Öffentliche Stimmauszählung

  • Wahrscheinlich stößt bei uns die Stimmenauszählung auf reges Interesse. Einige wollen wohl gern auch über die Schulter schauen, was eine vernünftige Auszählung erschwert. Wie geht ihr mit den Zuschauern um ?

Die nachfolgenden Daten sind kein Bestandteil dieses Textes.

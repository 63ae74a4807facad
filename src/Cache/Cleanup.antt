-- ===== src/Cache/Cleanup.antt =====
-- `CleanupExpired` of internal/relay/cache.go.
use mathlib.Core.Logic.{if_neg}
use p2papp.Prelude.{
  ℕ, ◌+◌, ◌≡◌, refl, sym, ap, ◌∙◌, Bool, true, false, none, some, List, [], ◌∷◌, ◌++◌, inl, inr,
  arith, All, length, length-append, Time, Bool-cases, if◌then◌else◌,
}
use p2papp.Cache.{
  Element, Cache, element_at, list_remove, expired, remove_element, to_remove, remove_all,
  cleanup_expired,
}
use p2papp.Cache.Elements.{Distinct, element_at-list_remove_ne}
use p2papp.Cache.Invariant.{IsValid, remove_element-IsValid}

-- The elements that have not expired, in their order.
unfoldable pub live_only : Time → List Element → List Element
live_only now [] = []
live_only now (e ∷ es) = if expired now e then live_only now es else e ∷ live_only now es

-- No pointer of a list is `i`, in the form that a removal leaves standing.
abbrev Apart : ℕ → List Element → Type 0
Apart i = All (λ (f : Element). ¬ (f.id ≡ i))

-- Pointers that differ pairwise.
abbrev Pairwise : List Element → Type 0
Pairwise [] = Unit
Pairwise (e ∷ es) = Apart e.id es × Pairwise es

-- Every element of a list is where its pointer says.
abbrev Held : List Element → List Element → Type 0
Held items = All (λ (f : Element). element_at f.id items ≡ some f)

Apart-append : (i : ℕ) (xs ys : List Element) → Apart i xs → Apart i ys → Apart i (xs ++ ys)
Apart-append i [] ys a b = b
Apart-append i (x ∷ xs) ys a b = (a.0, Apart-append i xs ys a.1 b)

Apart-to_remove :
    (i : ℕ) (now : Time) (es : List Element) → element_at i es ≡ none → Apart i (to_remove now es)
unfolding element_at to_remove
Apart-to_remove i now [] h = tt
Apart-to_remove i now (e ∷ es) h =
    Apart-append i (to_remove now es) _ (Apart-to_remove i now es (ground arith))
      (last (expired now e))
  where
    last : (b : Bool) → Apart i (if b then e ∷ [] else [])
    last true = (λ p. absurd (ground arith), tt)
    last false = tt

Pairwise-append :
    (e : Element) (xs : List Element) → Apart e.id xs → Pairwise xs → Pairwise (xs ++ (e ∷ []))
Pairwise-append e [] a p = (tt, tt)
Pairwise-append e (x ∷ xs) a p =
    (Apart-append x.id xs (e ∷ []) p.0 (λ q. a.0 (sym q), tt), Pairwise-append e xs a.1 p.1)

append_nil : (xs : List Element) → xs ++ [] ≡ xs
append_nil [] = refl
append_nil (x ∷ xs) = ap (◌∷◌ x) (append_nil xs)

Pairwise-to_remove : (now : Time) (es : List Element) → Distinct es → Pairwise (to_remove now es)
unfolding to_remove
Pairwise-to_remove now [] d = tt
Pairwise-to_remove now (e ∷ es) d = elim (Bool-cases (expired now e)) [
  | inl old ↦ rw old (
      Pairwise-append e (to_remove now es) (Apart-to_remove e.id now es d.1)
        (Pairwise-to_remove now es d.2))
  | inr live ↦ rw (live, append_nil) (Pairwise-to_remove now es d.2)
]

Held-cons : (e : Element) (es xs : List Element) → Apart e.id xs → Held es xs → Held (e ∷ es) xs
unfolding element_at
Held-cons e es [] a h = tt
Held-cons e es (x ∷ xs) a h = (ground arith, Held-cons e es xs a.1 h.1)

Held-append : (items xs ys : List Element) → Held items xs → Held items ys → Held items (xs ++ ys)
Held-append items [] ys a b = b
Held-append items (x ∷ xs) ys a b = (a.0, Held-append items xs ys a.1 b)

Held-to_remove : (now : Time) (es : List Element) → Distinct es → Held es (to_remove now es)
unfolding to_remove element_at
Held-to_remove now [] d = tt
Held-to_remove now (e ∷ es) d =
    let front =
      Held-cons e es (to_remove now es) (Apart-to_remove e.id now es d.1)
        (Held-to_remove now es d.2) in
    elim (Bool-cases (expired now e)) [
      | inl old ↦ rw old (Held-append (e ∷ es) (to_remove now es) (e ∷ []) front (ground arith, tt))
      | inr live ↦ rw (live, append_nil) front
    ]

Held-list_remove :
    (i : ℕ) (items xs : List Element) → Apart i xs → Held items xs → Held (list_remove i items) xs
Held-list_remove i items [] a h = tt
Held-list_remove i items (x ∷ xs) a h = (
  element_at-list_remove_ne x.id i items (λ p. a.0 (sym p)) ∙ h.0,
  Held-list_remove i items xs a.1 h.1,
)

pub remove_all-IsValid :
    (xs : List Element) (c : Cache)
    → IsValid c
    → Pairwise xs
    → Held c.items xs
    → IsValid (remove_all xs c)
unfolding remove_all remove_element
remove_all-IsValid [] c v p h = v
remove_all-IsValid (x ∷ xs) c v p h =
    remove_all-IsValid xs (remove_element x c) (remove_element-IsValid c x v h.0) p.1
      (Held-list_remove x.id c.items xs p.0 h.1)

-- The removals of `CleanupExpired`, on the list alone.
unfoldable remove_items : List Element → List Element → List Element
remove_items [] es = es
remove_items (x ∷ xs) es = remove_items xs (list_remove x.id es)

items-remove_all :
    (xs : List Element) (c : Cache) → (remove_all xs c).items ≡ remove_items xs c.items
unfolding remove_all remove_items remove_element
items-remove_all [] c = refl
items-remove_all (x ∷ xs) c = items-remove_all xs (remove_element x c)

remove_items-cons :
    (e : Element) (xs es : List Element)
    → Apart e.id xs
    → remove_items xs (e ∷ es) ≡ e ∷ remove_items xs es
unfolding remove_items list_remove
remove_items-cons e [] es a = refl
remove_items-cons e (x ∷ xs) es a =
    rw (if_neg _ (λ p. a.0 (sym p))) (remove_items-cons e xs (list_remove x.id es) a.1)

remove_items-append :
    (xs ys es : List Element) → remove_items (xs ++ ys) es ≡ remove_items ys (remove_items xs es)
unfolding remove_items
remove_items-append [] ys es = refl
remove_items-append (x ∷ xs) ys es = remove_items-append xs ys (list_remove x.id es)

remove_items-to_remove :
    (now : Time) (es : List Element)
    → Distinct es
    → remove_items (to_remove now es) es ≡ live_only now es
unfolding to_remove live_only remove_items list_remove
remove_items-to_remove now [] d = refl
remove_items-to_remove now (e ∷ es) d = ground (
  arith,
  remove_items-append (to_remove now es) (e ∷ []) (e ∷ es),
  append_nil (to_remove now es),
  remove_items-cons e (to_remove now es) es (Apart-to_remove e.id now es d.1),
  remove_items-to_remove now es d.2,
)

length-to_remove :
    (now : Time) (es : List Element)
    → length (to_remove now es) + length (live_only now es) ≡ length es
unfolding to_remove live_only
length-to_remove now [] = omega arith
length-to_remove now (e ∷ es) = ground (
  arith,
  length-to_remove now es,
  append_nil (to_remove now es),
  length-append (to_remove now es) (e ∷ []),
)

-- `CleanupExpired` keeps the invariant, leaves exactly the elements that have not expired, in their
-- order, and returns how many it removed.
pub cleanup_expired_lem :
    (now : Time) (c : Cache)
    → IsValid c
    → IsValid (cleanup_expired now c).0
      × ((cleanup_expired now c).0.items ≡ live_only now c.items)
      × ((cleanup_expired now c).1 + length (live_only now c.items) ≡ length c.items)
unfolding cleanup_expired
cleanup_expired_lem now c v = (
  remove_all-IsValid (to_remove now c.items) c v (Pairwise-to_remove now c.items v.distinct)
      (Held-to_remove now c.items v.distinct),
  items-remove_all (to_remove now c.items) c ∙ remove_items-to_remove now c.items v.distinct,
  length-to_remove now c.items,
)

  • Grosser Raum, so das auch Zuschauer Platz haben und dann eine Absperrung der Tische an welchen Ausgezählt wird.
    Abstand so das man noch was sehen kann aber zur Sicherheit das nicht durch Zuschauer etwas "manipuliert" werden kann.

  • Hallo.

    Erstmal ist die Öffentlichkeit der Auszählung eh vorgeschrieben, d.h. man hat gar keine Wahl, ob man mit ZuschauerInnen umgehen will.

    Ich habe als WV die Auszählung im Wahllokal gemacht. Der Raum war schlicht geräumig genug, um WV, WahlhelferInnen und "Publikum" unterzubringen. Natürl7ch sollte gewährleistet sein, dass niemand Wahlzettel manipulieren kann.

    Grüsse Winfried

  • Der Arbeitgeber muss es Arbeitnehmern erlauben bei der Stimauszählung anwesend zu sein. Er muss die Zeit jedoch nicht vergüten. Wenn man das im vorhinein kommuniziert (hat bei uns der Chef getan, damit auch ja keiner auf die Idee kommt 5min der kostbaren Arbeitszeit zu vergeuden) hält sich das Interesse meist in grenzen, bzw. die Leute schauen immer mal nur ne Minute rein.

  • Zitat von Xolgrim

    Der Arbeitgeber muss es Arbeitnehmern erlauben bei der Stimauszählung anwesend zu sein.


    Sorry, aber da gehe ich nicht mit.

    Die Teilnahme an der öffentlichen Stimmauszählung gehört nicht zum unabdingbaren Wahlrecht i.S.d. § 20 BetrVG.
    Aus diesem Grund kann ich nur davor warnen, sich ohne Einverständnis des AG während der geschuldeten AZ vom Arbeitsplatz zu entfernen, um der Stimmauszählung beiwohnen zu können.
    Dass der AG die Teilnahme während der Arbeitszeit nicht vergüten muss, hast Du vollkommen richtig angemerkt; siehe auch LAG Schleswig-Holstein, 26.07.1989, AZ: 3 Sa 228/89.

    Zitat von Tor

    Wahrscheinlich stößt bei uns die Stimmenauszählung auf reges Interesse.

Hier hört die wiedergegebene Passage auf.